## What the task asks
Scan the records for lines holding "done". Say how many there are and give nothing else.

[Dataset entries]
= = = =

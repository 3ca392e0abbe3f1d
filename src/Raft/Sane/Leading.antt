-- ===== src/Raft/Sane/Leading.antt =====
-- The start of a leader and each round of its loop, in a group of nodes that talk to each other only.
use cs525_project.Common.{
  ℕ, ◌-◌, ◌≡◌, refl, true, Option, none, some, List, Option-cases, inl, inr, Bool-cases, String,
  ltb, length, ◌==◌,
}
use cs525_project.Protocol.{
  Entry, AppendEntriesMessage, RequestVotesMessage, Message, request_votes_message,
  append_entries_message,
}
use cs525_project.Protocol.MessageType
use cs525_project.Protocol.MessageDirection
use cs525_project.Raft.State.{heartbeat_frequency, RaftNode, Role, raise, pure, ◌>>◌}
use cs525_project.Raft.Client.{get_client_request}
use cs525_project.Raft.Follower.{Flow, again, done}
use cs525_project.Raft.Candidate.{yield_vote}
use cs525_project.Raft.Leader.{
  LeaderClock, send_more, try_commit, on_answer, answer_found, on_acknowledge, on_client_request,
  leader_entry, leader_start, reset_nodes, beat, leader_message, leader_receive, serve_request,
  leader_requests, leader_round,
}
use cs525_project.Raft.Relates.{Relates, relates_rules, Relates-pure, Relates-bind}
use cs525_project.Raft.Sane.{
  IsHonest, honest, IsSane, IsSaneOption, IsSaneAppend, send_heartbeat-IsHonest, send_vote-IsHonest,
}
use cs525_project.Raft.Sane.Log.{
  set_current_role-IsHonest, increment_term-IsHonest, get_client_request-IsHonest, request-legal,
}
use cs525_project.Raft.Sane.Leader.{
  honest_rules, send_entry-IsHonest, resend-IsHonest, broadcast_append_entries-IsHonest,
  broadcast_commit_entries-IsHonest, assign_next-IsHonest,
}
use cs525_project.Raft.Committable.{max_committable_index}

module _ {P : Entry → Type 0} {ids : List String} where
  send_more-IsHonest :
      (node index : ℕ) (to : Option String) → Relates (honest P ids) (send_more node index to)
  unfolding send_more
  send_more-IsHonest node index to = record {
    at = λ s h. elim (Bool-cases (ltb (length s.log - 1) index)) [
      | inl y ↦ rw y ((assign_next-IsHonest node none).at s h)
      | inr n ↦ rw n ((send_entry-IsHonest index to).at s h)
    ];
  }

  try_commit-IsHonest : Relates (honest P ids) try_commit
  unfolding try_commit
  try_commit-IsHonest = record {
    at = λ s h.
        let index = max_committable_index s.current_num_nodes s.match_index in
        elim (Bool-cases (ltb s.commit_index index)) [
          | inl y ↦ rw y ((broadcast_commit_entries-IsHonest index).at s h)
          | inr n ↦ rw n h
        ];
  }

  on_answer-IsHonest :
      (node index : ℕ) (m : AppendEntriesMessage) → Relates (honest P ids) (on_answer node index m)
  unfolding on_answer
  on_answer-IsHonest node index m =
      search (honest_rules, send_more-IsHonest, try_commit-IsHonest) depth 9

  found-IsHonest :
      (node : ℕ) (m : AppendEntriesMessage) (found : Option ℕ)
      → Relates (honest P ids) (answer_found node m found)
  unfolding answer_found
  found-IsHonest node m none = Relates-pure tt
  found-IsHonest node m (some index) = on_answer-IsHonest node index m

  on_acknowledge-IsHonest :
      (now : ℕ) (m : AppendEntriesMessage) → Relates (honest P ids) (on_acknowledge now m)
  unfolding on_acknowledge
  on_acknowledge-IsHonest now m = search (honest_rules, found-IsHonest) depth 9

  on_client_request-IsHonest :
      (m : AppendEntriesMessage)
      → IsSaneAppend P ids m
      → Relates (honest P ids) (on_client_request m)
  unfolding on_client_request raise
  on_client_request-IsHonest m k = record {
    at = λ s h. elim (Option-cases m.entries) [
      | inl e ↦ rw e h
      | inr (entry, e) ↦ rw e ((broadcast_append_entries-IsHonest entry (k.legal entry e)).at s h)
    ];
  }

  pub yield_vote-IsHonest :
      (m : RequestVotesMessage) (s : RaftNode) → IsHonest P ids s → IsHonest P ids (yield_vote m s)
  unfolding yield_vote
  yield_vote-IsHonest m s h =
      set_current_role-IsHonest Role.follower _
        (send_vote-IsHonest m.sender true _ (increment_term-IsHonest (some m.term) s h))

  leader_message-IsHonest :
      (c : LeaderClock) (last : ℕ) (m : Message)
      → IsSane P ids m
      → Relates (honest P ids) (leader_message c last m)
  unfolding leader_message
  leader_message-IsHonest c last (append_entries_message m) k = record {
    at = λ s h.
        let answered : Relates (honest P ids) (on_acknowledge c.ack m >> pure (again last)) =
          search (relates_rules, on_acknowledge-IsHonest) in
        let requested : Relates (honest P ids) (on_client_request m >> pure (again last)) =
          search (relates_rules, on_client_request-IsHonest) in
        elim (Bool-cases (m.direction == MessageDirection.response)) [
          | inr n ↦ rw n h
          | inl d ↦ elim (Bool-cases (m.type_ == MessageType.acknowledge)) [
            | inl a ↦ rw (d, a) (answered.at s h)
            | inr n ↦ elim (Bool-cases (m.type_ == MessageType.client_request)) [
              | inl r ↦ rw (d, n, r) (requested.at s h)
              | inr o ↦ rw (d, n, o) h
            ]
          ]
        ];
  }
  leader_message-IsHonest c last (request_votes_message m) k = record {
    at = λ s h. elim (Bool-cases (m.direction == MessageDirection.request)) [
      | inr n ↦ rw n h
      | inl d ↦ elim (Bool-cases (ltb s.current_term m.term)) [
        | inr n ↦ rw (d, n) h
        | inl t ↦ rw (d, t) (yield_vote-IsHonest m s h)
      ]
    ];
  }

  leader_receive-IsHonest :
      (c : LeaderClock) (incoming : Option Message) (last : ℕ)
      → IsSaneOption P ids incoming
      → Relates (honest P ids) (leader_receive c incoming last)
  unfolding leader_receive
  leader_receive-IsHonest c none last k = record { at = λ s h. h }
  leader_receive-IsHonest c (some m) last k = record {
    at = (leader_message-IsHonest c last m k).at;
  }

  serve_request-IsHonest :
      (last : ℕ) (request : Option Entry)
      → ((e : Entry) → request ≡ some e → P e)
      → Relates (honest P ids) (serve_request last request)
  unfolding serve_request
  serve_request-IsHonest last none p = Relates-pure (again last)
  serve_request-IsHonest last (some e) p =
      Relates-bind _ _ (broadcast_append_entries-IsHonest e (p e refl))
        (λ _. Relates-pure (again last))

  leader_requests-IsHonest : (flow : Flow ℕ) → Relates (honest P ids) (leader_requests flow)
  unfolding leader_requests
  leader_requests-IsHonest done = record { at = λ s h. h }
  leader_requests-IsHonest (again last) = record {
    at = λ s h.
        let (request, s') = get_client_request s in
        (serve_request-IsHonest last request (λ e q. request-legal s e h q)).at s'
          (get_client_request-IsHonest s h);
  }

  beat-IsHonest : (c : LeaderClock) (last : ℕ) → Relates (honest P ids) (beat c last)
  unfolding beat
  beat-IsHonest c last = record {
    at = λ s h. elim (Bool-cases (ltb heartbeat_frequency (c.check - last))) [
      | inl y ↦ rw y (send_heartbeat-IsHonest s h)
      | inr n ↦ rw n h
    ];
  }

  pub leader_round-IsHonest :
      (c : LeaderClock) (incoming : Option Message) (last : ℕ)
      → IsSaneOption P ids incoming
      → Relates (honest P ids) (leader_round c incoming last)
  unfolding leader_round
  leader_round-IsHonest c incoming last k =
      search
        (
          relates_rules, beat-IsHonest, resend-IsHonest, leader_receive-IsHonest,
          leader_requests-IsHonest,
        )
        depth 8

  reset_nodes-IsHonest :
      (heard : ℕ → ℕ) (s : RaftNode) → IsHonest P ids s → IsHonest P ids (reset_nodes heard s)
  unfolding reset_nodes
  reset_nodes-IsHonest heard s h = record {
    member = h.member;
    started = h.started;
    entries = h.entries;
    queued = h.queued;
    sent = h.sent;
  }

  pub leader_start-IsHonest :
      (now : ℕ) (heard : ℕ → ℕ)
      → ((term : ℕ) → P (leader_entry term))
      → Relates (honest P ids) (leader_start now heard)
  unfolding leader_start
  leader_start-IsHonest now heard p =
      search (honest_rules, reset_nodes-IsHonest, broadcast_append_entries-IsHonest) depth 10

= = = =

## Exercise response
2